Work to complete: A verbatim reproduction of the lines below, from the line containing "task_at-set_same l i" through the line containing "next (some cur)", both ends included, is the whole required output.

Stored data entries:
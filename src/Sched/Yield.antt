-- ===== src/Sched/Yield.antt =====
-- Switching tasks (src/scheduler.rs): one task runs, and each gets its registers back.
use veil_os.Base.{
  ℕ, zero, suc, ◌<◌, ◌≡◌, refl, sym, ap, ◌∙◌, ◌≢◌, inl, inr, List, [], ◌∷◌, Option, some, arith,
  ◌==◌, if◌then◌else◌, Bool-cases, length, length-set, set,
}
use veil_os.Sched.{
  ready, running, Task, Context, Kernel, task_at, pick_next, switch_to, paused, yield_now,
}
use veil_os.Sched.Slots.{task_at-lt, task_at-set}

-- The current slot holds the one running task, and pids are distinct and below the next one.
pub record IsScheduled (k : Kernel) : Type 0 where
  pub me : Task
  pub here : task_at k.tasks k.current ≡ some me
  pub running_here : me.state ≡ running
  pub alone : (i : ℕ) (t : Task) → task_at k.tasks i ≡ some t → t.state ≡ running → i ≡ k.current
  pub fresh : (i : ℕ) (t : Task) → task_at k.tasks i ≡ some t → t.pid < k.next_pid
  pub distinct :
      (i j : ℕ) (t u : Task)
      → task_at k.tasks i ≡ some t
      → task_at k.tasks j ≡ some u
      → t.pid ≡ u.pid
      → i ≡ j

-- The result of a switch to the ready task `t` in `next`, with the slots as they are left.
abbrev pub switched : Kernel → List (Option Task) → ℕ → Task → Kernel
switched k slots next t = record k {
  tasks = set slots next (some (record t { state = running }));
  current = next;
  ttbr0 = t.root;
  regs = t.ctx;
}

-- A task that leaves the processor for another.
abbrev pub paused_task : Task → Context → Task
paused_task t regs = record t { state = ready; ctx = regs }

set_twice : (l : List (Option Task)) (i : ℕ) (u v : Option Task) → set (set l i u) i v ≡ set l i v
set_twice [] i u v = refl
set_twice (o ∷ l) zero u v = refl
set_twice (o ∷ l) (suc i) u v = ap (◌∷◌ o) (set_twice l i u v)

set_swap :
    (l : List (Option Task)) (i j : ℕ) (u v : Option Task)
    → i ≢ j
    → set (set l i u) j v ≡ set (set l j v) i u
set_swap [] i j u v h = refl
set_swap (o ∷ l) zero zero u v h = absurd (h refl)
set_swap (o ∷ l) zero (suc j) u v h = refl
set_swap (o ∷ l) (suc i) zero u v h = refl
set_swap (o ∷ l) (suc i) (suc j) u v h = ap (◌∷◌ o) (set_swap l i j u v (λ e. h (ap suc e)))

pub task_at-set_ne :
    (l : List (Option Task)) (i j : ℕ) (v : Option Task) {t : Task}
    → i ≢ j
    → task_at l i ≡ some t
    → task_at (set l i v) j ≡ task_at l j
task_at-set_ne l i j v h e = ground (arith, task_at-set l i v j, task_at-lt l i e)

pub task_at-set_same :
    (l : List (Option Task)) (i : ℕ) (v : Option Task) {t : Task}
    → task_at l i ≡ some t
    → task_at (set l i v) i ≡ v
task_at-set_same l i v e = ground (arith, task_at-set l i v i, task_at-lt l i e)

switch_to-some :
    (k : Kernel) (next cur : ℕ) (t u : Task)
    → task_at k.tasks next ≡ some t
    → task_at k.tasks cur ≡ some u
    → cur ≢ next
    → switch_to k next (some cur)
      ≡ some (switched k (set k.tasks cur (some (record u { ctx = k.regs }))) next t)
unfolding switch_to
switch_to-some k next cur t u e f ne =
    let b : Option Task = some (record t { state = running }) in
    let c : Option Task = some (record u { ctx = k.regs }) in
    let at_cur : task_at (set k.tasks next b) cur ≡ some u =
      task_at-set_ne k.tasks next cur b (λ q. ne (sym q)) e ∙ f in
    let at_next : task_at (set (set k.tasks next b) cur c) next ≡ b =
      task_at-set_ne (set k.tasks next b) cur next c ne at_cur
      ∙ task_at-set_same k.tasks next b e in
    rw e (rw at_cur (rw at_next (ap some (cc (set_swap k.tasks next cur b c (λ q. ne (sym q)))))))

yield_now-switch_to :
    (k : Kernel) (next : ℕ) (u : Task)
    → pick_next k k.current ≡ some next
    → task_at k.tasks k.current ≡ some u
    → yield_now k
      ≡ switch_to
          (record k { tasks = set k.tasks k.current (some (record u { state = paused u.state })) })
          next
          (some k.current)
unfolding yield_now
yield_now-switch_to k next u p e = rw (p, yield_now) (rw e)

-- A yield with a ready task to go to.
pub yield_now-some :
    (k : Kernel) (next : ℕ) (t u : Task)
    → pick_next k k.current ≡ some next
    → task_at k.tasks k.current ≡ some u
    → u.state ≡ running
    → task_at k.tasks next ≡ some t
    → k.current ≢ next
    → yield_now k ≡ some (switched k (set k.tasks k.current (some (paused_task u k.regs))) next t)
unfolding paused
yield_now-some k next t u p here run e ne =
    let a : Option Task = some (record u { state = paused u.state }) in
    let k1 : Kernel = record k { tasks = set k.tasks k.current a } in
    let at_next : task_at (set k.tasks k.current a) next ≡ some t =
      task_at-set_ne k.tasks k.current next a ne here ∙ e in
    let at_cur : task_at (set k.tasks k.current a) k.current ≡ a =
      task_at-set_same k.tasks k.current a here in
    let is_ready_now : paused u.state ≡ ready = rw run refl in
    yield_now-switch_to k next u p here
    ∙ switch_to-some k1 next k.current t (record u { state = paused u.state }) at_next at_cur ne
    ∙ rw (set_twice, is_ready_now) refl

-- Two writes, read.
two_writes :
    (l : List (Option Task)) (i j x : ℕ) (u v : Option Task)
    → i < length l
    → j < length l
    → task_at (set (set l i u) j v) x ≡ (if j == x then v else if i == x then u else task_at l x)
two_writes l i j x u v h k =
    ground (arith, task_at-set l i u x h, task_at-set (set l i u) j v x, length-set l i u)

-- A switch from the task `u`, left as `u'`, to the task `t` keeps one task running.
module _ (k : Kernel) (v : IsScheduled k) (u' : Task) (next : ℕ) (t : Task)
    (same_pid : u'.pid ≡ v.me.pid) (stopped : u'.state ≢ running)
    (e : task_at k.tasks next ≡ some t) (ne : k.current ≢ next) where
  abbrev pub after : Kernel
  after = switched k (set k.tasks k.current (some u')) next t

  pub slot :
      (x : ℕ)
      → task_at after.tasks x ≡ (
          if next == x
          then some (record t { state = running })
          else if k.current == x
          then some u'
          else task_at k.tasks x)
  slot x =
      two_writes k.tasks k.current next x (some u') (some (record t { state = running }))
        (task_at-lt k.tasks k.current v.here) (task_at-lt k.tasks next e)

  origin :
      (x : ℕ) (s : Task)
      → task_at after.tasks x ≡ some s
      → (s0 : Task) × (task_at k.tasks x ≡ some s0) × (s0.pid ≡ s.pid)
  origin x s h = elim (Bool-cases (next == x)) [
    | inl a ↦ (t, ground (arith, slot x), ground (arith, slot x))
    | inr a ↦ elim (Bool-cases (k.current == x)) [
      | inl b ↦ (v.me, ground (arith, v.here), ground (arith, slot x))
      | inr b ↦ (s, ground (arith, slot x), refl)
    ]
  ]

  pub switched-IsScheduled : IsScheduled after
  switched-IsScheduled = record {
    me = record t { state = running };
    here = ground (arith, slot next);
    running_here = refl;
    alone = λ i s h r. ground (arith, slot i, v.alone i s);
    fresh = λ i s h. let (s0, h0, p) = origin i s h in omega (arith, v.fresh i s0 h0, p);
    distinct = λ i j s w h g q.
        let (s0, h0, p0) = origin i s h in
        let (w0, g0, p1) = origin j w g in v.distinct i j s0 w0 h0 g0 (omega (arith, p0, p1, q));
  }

Answer to this exercise:
task_at-set_same l i v e = ground (arith, task_at-set l i v i, task_at-lt l i e)

switch_to-some :
    (k : Kernel) (next cur : ℕ) (t u : Task)
    → task_at k.tasks next ≡ some t
    → task_at k.tasks cur ≡ some u
    → cur ≢ next
    → switch_to k next (some cur)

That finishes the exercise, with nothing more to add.